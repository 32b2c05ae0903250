-- ===== src/Signaling/Dispatch/Routing.antt =====
-- internal/signaling/messages.go and dispatch.go: a message from one peer's constructor to the other
-- peer's listener.
use open_friend_mc.Prelude.{
  ℕ, ◌≡◌, refl, Bool, true, false, List, ◌∷◌, Option, some, String, Bytes, if◌then◌else◌,
}
use open_friend_mc.Prelude.Json.{Fields, at, text_at}
use open_friend_mc.Signaling.Messages.{
  join_request, offer, join_accepted, join_rejected, answer, ice_candidate, IceCandidatePayload,
  parse_ice_candidate, get_session_id, get_sdp,
}
use open_friend_mc.Signaling.Dispatch.{
  Listener, Decoders, Inbox, safe_call, route, with_payload, with_pmid, with_envelopes, acknowledge,
  handle_receive_message,
}

-- The messages of the package, by their constructors' arguments.
pub data Sent : Type 0 where
  sent_request sent_accepted sent_rejected : String → Sent
  sent_offer sent_answer : String → String → Sent
  sent_candidate : String → IceCandidatePayload → Sent

unfoldable pub fields_of : Sent → Fields
fields_of (sent_request session_id) = join_request session_id
fields_of (sent_accepted session_id) = join_accepted session_id
fields_of (sent_rejected session_id) = join_rejected session_id
fields_of (sent_offer session_id sdp) = offer session_id sdp
fields_of (sent_answer session_id sdp) = answer session_id sdp
fields_of (sent_candidate session_id p) = ice_candidate session_id p

-- Whether the message is for the listener of joins.
abbrev pub about_joins : Sent → Bool
about_joins (sent_request session_id) = true
about_joins (sent_accepted session_id) = true
about_joins (sent_rejected session_id) = true
about_joins (sent_offer session_id sdp) = false
about_joins (sent_answer session_id sdp) = false
about_joins (sent_candidate session_id p) = false

-- What a listener reads in the payload, by the getters, is what the sender put in.
abbrev pub ReadBack : Sent → Fields → Type 0
ReadBack (sent_request session_id) j = get_session_id j ≡ session_id
ReadBack (sent_accepted session_id) j = get_session_id j ≡ session_id
ReadBack (sent_rejected session_id) j = get_session_id j ≡ session_id
ReadBack (sent_offer session_id sdp) j = (get_session_id j ≡ session_id) × (get_sdp j ≡ sdp)
ReadBack (sent_answer session_id sdp) j = (get_session_id j ≡ session_id) × (get_sdp j ≡ sdp)
ReadBack (sent_candidate session_id p) j =
    (get_session_id j ≡ session_id) × (parse_ice_candidate j ≡ some p)

fields_of-ReadBack : (m : Sent) → ReadBack m (fields_of m)
unfolding fields_of join_request offer join_accepted join_rejected answer ice_candidate
    get_session_id get_sdp parse_ice_candidate at text_at
fields_of-ReadBack (sent_request session_id) = refl
fields_of-ReadBack (sent_accepted session_id) = refl
fields_of-ReadBack (sent_rejected session_id) = refl
fields_of-ReadBack (sent_offer session_id sdp) = (refl, refl)
fields_of-ReadBack (sent_answer session_id sdp) = (refl, refl)
fields_of-ReadBack (sent_candidate session_id p) = (refl, refl)

module _ {A : Type 0} (d : Decoders) (on_join on_rtc : Option (Listener A)) where
  route-fields_of :
      (m : Sent) (from : ℕ) (s : Inbox A)
      → route d on_join on_rtc from (fields_of m) s
        ≡ safe_call d on_join on_rtc
            (if about_joins m then on_join else on_rtc)
            from
            (fields_of m)
            s
  unfolding route fields_of join_request offer join_accepted join_rejected answer ice_candidate at
      text_at
  route-fields_of (sent_request session_id) from s = refl
  route-fields_of (sent_accepted session_id) from s = refl
  route-fields_of (sent_rejected session_id) from s = refl
  route-fields_of (sent_offer session_id sdp) from s = refl
  route-fields_of (sent_answer session_id sdp) from s = refl
  route-fields_of (sent_candidate session_id p) from s = refl

  -- When the first envelope of a receive notification names a peer and holds what decodes to one of the
  -- package's messages, then the acknowledgement apart, exactly one listener is called, that of joins
  -- for a join message and that of WebRTC else, with the peer and a payload from which the getters read
  -- what the sender put in.
  pub handle_receive_message-sent :
      (m : Sent) (id : Option Bytes) (params : Bytes) (envelope : Fields) (more : List Fields)
      (from : ℕ) (s : Inbox A)
      → d.envelopes params ≡ some (envelope ∷ more)
      → d.uuid (text_at "From" envelope) ≡ some from
      → d.payload (text_at "Message" envelope) ≡ some (fields_of m)
      → (handle_receive_message d on_join on_rtc id params s
          ≡ safe_call d on_join on_rtc
              (if about_joins m then on_join else on_rtc)
              from
              (fields_of m)
              (acknowledge d on_join on_rtc id s))
        × ReadBack m (fields_of m)
  unfolding handle_receive_message with_envelopes with_pmid with_payload
  handle_receive_message-sent m id params envelope more from s wrapped peer inside = (
    simp (wrapped, peer, inside) (route-fields_of m from (acknowledge d on_join on_rtc id s)),
    fields_of-ReadBack m,
  )
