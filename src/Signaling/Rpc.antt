-- ===== src/Signaling/Rpc.antt =====
-- internal/signaling/jsonrpc.go and turn.go: calls that wait for their reply. The channel of a call has
-- the call's number; a write to the WebSocket is an argument, true where there is a connection and it
-- takes the text.
pub mod Replies
use open_friend_mc.Prelude.{
  ℕ, suc, Bool, true, false, List, [], ◌∷◌, ◌++◌, Option, none, some, String, comparable_nat,
  if◌then◌else◌, Result, ok, err, Bytes, concat, map,
}
use open_friend_mc.Prelude.Assoc.{lookup, insert, erase}
use open_friend_mc.Signaling.Dispatch.{Inbox, Reply, waiting, closed, value}

pub data Outgoing : Type 0 where
  notification : String → Bytes → Outgoing
  request : ℕ → String → Bytes → Outgoing
  response : Bytes → Bytes → Outgoing

pub data RpcError : Type 0 where
  not_sent rpc_failed timed_out bad_json no_servers : RpcError

pub record Calls (A : Type 0) : Type 0 where
  pub inbox : Inbox A
  pub rpc_id : ℕ
  pub sent : List Outgoing

module _ {A : Type 0} where
  unfoldable pub send_json : Bool → Outgoing → Calls A → Calls A × Result RpcError (Unit {0})
  send_json written m s =
      if written then (record s { sent = s.sent ++ m ∷ [] }, ok tt) else (s, err not_sent)

  unfoldable pub send_notification :
      Bool → String → Bytes → Calls A → Calls A × Result RpcError (Unit {0})
  unfolding send_json
  send_notification written method params s = send_json written (notification method params) s

  unfoldable pub send_request :
      Bool → String → Bytes → Calls A → Calls A × Result RpcError (Unit {0})
  unfolding send_json
  send_request written method params s =
      let id = suc s.rpc_id in
      send_json written (request id method params) (record s { rpc_id = id })

  unfoldable pub send_response :
      Bool → Bytes → Bytes → Calls A → Calls A × Result RpcError (Unit {0})
  unfolding send_json
  send_response written id result s = send_json written (response id result) s

  unfoldable pub forget : ℕ → Calls A → Calls A
  forget id s = record s { inbox = record (s.inbox) { pending = erase id s.inbox.pending } }

  begun : ℕ → Calls A × Result RpcError (Unit {0}) → Calls A × Result RpcError ℕ
  unfolding forget
  begun id (s, err e) = (forget id s, err e)
  begun id (s, ok u) = (s, ok id)

  -- `sendRequestAwait` up to its wait.
  unfoldable pub begin_await : Bool → String → Bytes → Calls A → Calls A × Result RpcError ℕ
  unfolding begun send_json
  begin_await written method params s =
      let id = suc s.rpc_id in
      begun id (
        send_json written (request id method params) (record s {
          rpc_id = id;
          inbox = record (s.inbox) {
            channels = insert id waiting s.inbox.channels;
            pending = insert id id s.inbox.pending;
          };
        }))

  taken : ℕ → Option Reply → Calls A → Calls A × Result RpcError Bytes
  unfolding forget
  taken id none s = (forget id s, err timed_out)
  taken id (some waiting) s = (forget id s, err timed_out)
  taken id (some closed) s = (s, err rpc_failed)
  taken id (some (value raw)) s = (s, ok raw)

  -- The end of its wait: the reply, or, where there is none yet, the context's end.
  unfoldable pub end_await : ℕ → Calls A → Calls A × Result RpcError Bytes
  unfolding taken
  end_await id s = taken id (lookup id s.inbox.channels) s

pub record TurnServer : Type 0 where
  pub username : String
  pub password : String
  pub urls : List String

pub record TurnAuth : Type 0 where
  pub username : String
  pub password : String
  pub urls : List String

urls_of : TurnServer → List String
urls_of server = server.urls

auth_of : Option (List TurnServer) → Result RpcError TurnAuth
unfolding urls_of
auth_of none = err bad_json
auth_of (some []) = err no_servers
auth_of (some (first ∷ others)) = ok (record {
  username = first.username;
  password = first.password;
  urls = concat (map urls_of (first ∷ others));
})

-- The end of `RequestTurnAuth`, with the decoder of its reply.
unfoldable pub turn_auth_of :
    (Bytes → Option (List TurnServer)) → Result RpcError Bytes → Result RpcError TurnAuth
unfolding auth_of
turn_auth_of decode (err e) = err e
turn_auth_of decode (ok raw) = auth_of (decode raw)
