-- ===== src/Signaling/Dispatch/Filling.antt =====
-- internal/signaling/dispatch.go: the reply to a call.
use open_friend_mc.Prelude.{
  ℕ, ◌≡◌, refl, Option, none, some, comparable_nat, comparable_string, Bytes,
}
use open_friend_mc.Prelude.Assoc.{lookup, insert, erase}
use open_friend_mc.Signaling.Dispatch.{
  RpcMessage, value, Listener, Decoders, Inbox, handle_message, handle_decoded, handle_reply, fill,
  reply_of,
}

module _ {A : Type 0} (d : Decoders) (on_join on_rtc : Option (Listener A)) (raw rid found : Bytes)
    (msg : RpcMessage) (id : ℕ) (decoded : d.message raw ≡ some msg) (no_method : msg.method ≡ "")
    (numbered : msg.id ≡ some rid) (number : d.number rid ≡ some id) (no_error : msg.error ≡ none)
    (outcome : msg.outcome ≡ some found) (s : Inbox A) where
  pub handle_message-waiting :
      (channel : ℕ)
      → lookup id s.pending ≡ some channel
      → handle_message d on_join on_rtc raw s ≡ record s {
        pending = erase id s.pending;
        channels = insert channel (value found) s.channels;
      }
  unfolding handle_message handle_decoded handle_reply fill reply_of
  handle_message-waiting channel waits =
      simp (decoded, no_method, numbered, number, no_error, outcome, waits) refl

  pub handle_message-unknown :
      lookup id s.pending ≡ none → handle_message d on_join on_rtc raw s ≡ s
  unfolding handle_message handle_decoded handle_reply fill reply_of
  handle_message-unknown unknown =
      simp (decoded, no_method, numbered, number, no_error, outcome, unknown) refl
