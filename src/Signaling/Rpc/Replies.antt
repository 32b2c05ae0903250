-- ===== src/Signaling/Rpc/Replies.antt =====
-- internal/signaling/jsonrpc.go and dispatch.go: a reply reaches the call that waits for it.
use open_friend_mc.Prelude.{
  ℕ, suc, ◌≡◌, refl, ◌∙◌, true, List, Option, none, some, String, ==_refl, comparable_nat,
  comparable_string, ok, Bytes,
}
use open_friend_mc.Prelude.Assoc.{lookup, insert, erase, lookup-insert, lookup-erase}
use open_friend_mc.Signaling.Dispatch.{RpcMessage, value, Listener, Decoders, handle_message}
use open_friend_mc.Signaling.Dispatch.Filling.{handle_message-waiting, handle_message-unknown}
use open_friend_mc.Signaling.Rpc.{Calls, send_json, begin_await, begun, end_await, taken}

module _ {A : Type 0} (d : Decoders) (on_join on_rtc : Option (Listener A)) where
  -- The calls, when a text came in.
  abbrev pub receive : Bytes → Calls A → Calls A
  receive raw s = record s { inbox = handle_message d on_join on_rtc raw s.inbox }

  lookup-inserted :
      {V : Type 0} (id : ℕ) (v : V) (m : List (ℕ × V)) → lookup id (insert id v m) ≡ some v
  lookup-inserted id v m = lookup-insert id id v m ∙ rw (==_refl id) refl

  lookup-erased : {V : Type 0} (id : ℕ) (m : List (ℕ × V)) → lookup id (erase id m) ≡ none
  lookup-erased id m = lookup-erase id id m ∙ rw (==_refl id) refl

  -- When a call was sent and the next text that comes in is a result with the call's number, then the
  -- call returns that result and waits no longer; another result with that number, whatever it says,
  -- then changes nothing.
  pub end_await-receive :
      (method : String) (params raw rid found raw2 rid2 found2 : Bytes) (msg msg2 : RpcMessage)
      (s : Calls A)
      → d.message raw ≡ some msg
      → msg.method ≡ ""
      → msg.id ≡ some rid
      → d.number rid ≡ some (suc s.rpc_id)
      → msg.error ≡ none
      → msg.outcome ≡ some found
      → d.message raw2 ≡ some msg2
      → msg2.method ≡ ""
      → msg2.id ≡ some rid2
      → d.number rid2 ≡ some (suc s.rpc_id)
      → msg2.error ≡ none
      → msg2.outcome ≡ some found2
      → let after = receive raw (begin_await true method params s).0 in
        ((end_await (suc s.rpc_id) after).1 ≡ ok found)
        × ((lookup (suc s.rpc_id) after.inbox.pending ≡ none) × (receive raw2 after ≡ after))
  unfolding begin_await begun send_json end_await taken
  end_await-receive method params raw rid found raw2 rid2 found2 msg msg2 s decoded no_method
        numbered number no_error result decoded2 no_method2 numbered2 number2 no_error2 result2 =
      let id = suc s.rpc_id in
      let waits = (begin_await true method params s).0 in
      let filled =
        handle_message-waiting d on_join on_rtc raw rid found msg id decoded no_method numbered
          number no_error result waits.inbox id (lookup-inserted id id s.inbox.pending) in
      let gone = lookup-erased id waits.inbox.pending in
      let after = record waits {
        inbox = record (waits.inbox) {
          pending = erase id waits.inbox.pending;
          channels = insert id (value found) waits.inbox.channels;
        };
      } in
      let again =
        handle_message-unknown d on_join on_rtc raw2 rid2 found2 msg2 id decoded2 no_method2
          numbered2 number2 no_error2 result2 after.inbox gone in
      let held = lookup-inserted id (value found) waits.inbox.channels in
      rw filled (rw held refl, (gone, rw again refl))
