-- ===== src/Examples/Channels.antt =====
-- The WebRTC session and the signaling client at concrete inputs.
use open_friend_mc.Prelude.{
  is_empty, if◌then◌else◌, ℕ, suc, ◌≡◌, refl, true, false, List, [], ◌∷◌, Option, none, some,
  String, codes, concat, ok, comparable_nat, comparable_string,
}
use open_friend_mc.Prelude.Assoc.{lookup}
use open_friend_mc.Prelude.Json.{Fields, field, no_fields, text, at, text_at}
use open_friend_mc.Bridge.Host.{Candidate}
use open_friend_mc.Bridge.Session.{acceptor, new_session, attach_data_channel, on_messages}
use open_friend_mc.Bridge.Session.Warmup.{attach_data_channel_stream}
use open_friend_mc.Bridge.Session.Candidates.{
  Event, offer, remote_candidate, came, run, InOrder, run-InOrder,
}
use open_friend_mc.Signaling.Client.{
  connects, begins, dials, settles, read_ends, new_client, connect, schedule_reconnect,
  handle_close, opened, step,
}
use open_friend_mc.Signaling.Client as Connection
use open_friend_mc.Signaling.Client.Alive.{IsConnected, comeback, run-comeback}
use open_friend_mc.Signaling.Dispatch.{
  RpcMessage, Listener, Decoders, Inbox, safe_call, acknowledge, handle_receive_message,
}
use open_friend_mc.Signaling.Dispatch.Routing.{
  Sent, sent_offer, fields_of, ReadBack, handle_receive_message-sent,
}
use open_friend_mc.Signaling.Rpc.{Calls, begin_await, end_await}
use open_friend_mc.Signaling.Rpc.Replies.{receive, end_await-receive}

-- The warm-up message comes in two pieces, the second with data behind it.
warmed_up :
    concat
      (on_messages
        (attach_data_channel true (new_session acceptor))
        (codes "OF" ∷ codes "W0hello" ∷ codes " you" ∷ [])).delivered
    ≡ codes "hello you"
warmed_up =
    attach_data_channel_stream acceptor true (codes "OF" ∷ codes "W0hello" ∷ codes " you" ∷ [])

candidate : String → Candidate
candidate line = record { candidate = line; sdp_mid = "0"; sdp_mline_index = 0 }

-- A candidate comes before the offer and one behind it.
trickle : List Event
trickle =
    remote_candidate (candidate "early")
    ∷ offer true true
    ∷ remote_candidate (candidate "late")
    ∷ []

trickled : InOrder (came trickle) (run (new_session acceptor) trickle)
trickled = run-InOrder acceptor trickle

-- The connection was lost once.
lost : List Connection.Event
lost = connects ∷ begins ∷ dials ∷ settles ∷ read_ends true ∷ []

comes_back :
    IsConnected
      (Connection.run (Connection.run new_client lost) (comeback (Connection.run new_client lost)))
unfolding lost Connection.run step new_client connect schedule_reconnect handle_close opened
comes_back = run-comeback lost refl

envelope : Fields
envelope = field "From" (text "pmid") (field "Message" (text "inner") no_fields)

an_offer : Sent
an_offer = sent_offer "session" "v=0"

reply : RpcMessage
reply = record {
  id = some (codes "1");
  method = "";
  params = [];
  outcome = some (codes "{}");
  error = none;
}

-- Another result with the number.
second_reply : RpcMessage
unfolding reply
second_reply = record reply { outcome = some (codes "late") }

decoders : Decoders
unfolding reply second_reply envelope an_offer fields_of
decoders = record {
  message = λ raw. if is_empty raw then some reply else some second_reply;
  number = λ raw. some 1;
  envelopes = λ params. some (envelope ∷ []);
  payload = λ inner. some (fields_of an_offer);
  uuid = λ from. some 9;
}

-- A listener that counts its calls.
counting : Option (Listener ℕ)
counting = some (λ from payload calls. (suc calls, false))

inbox : Inbox ℕ
inbox = record { app = 0; pending = []; channels = []; acknowledged = []; recovered = 0 }

offer_routed :
    (handle_receive_message decoders none counting none [] inbox
      ≡ safe_call decoders none counting counting 9
          (fields_of an_offer)
          (acknowledge decoders none counting none inbox))
    × ReadBack an_offer (fields_of an_offer)
unfolding decoders envelope an_offer at text_at
offer_routed =
    handle_receive_message-sent decoders none counting an_offer none [] envelope [] 9 inbox refl
      refl refl

calls : Calls ℕ
calls = record { inbox = inbox; rpc_id = 0; sent = [] }

reply_taken :
    let after =
      receive decoders none counting [] (begin_await true "Signaling_TurnAuth_v1_0" [] calls).0 in
    ((end_await 1 after).1 ≡ ok (codes "{}"))
    × ((lookup 1 after.inbox.pending ≡ none)
        × (receive decoders none counting (codes "late") after ≡ after))
unfolding decoders reply second_reply calls
reply_taken =
    end_await-receive decoders none counting "Signaling_TurnAuth_v1_0" [] [] (codes "1")
      (codes "{}") (codes "late") (codes "1") (codes "late") reply second_reply calls refl refl refl
      refl refl refl refl refl refl refl refl refl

########################################

Check each line above for the string "others" and copy those that have it.

auth_of (some (first ∷ others)) = ok (record {
  urls = concat (map urls_of (first ∷ others));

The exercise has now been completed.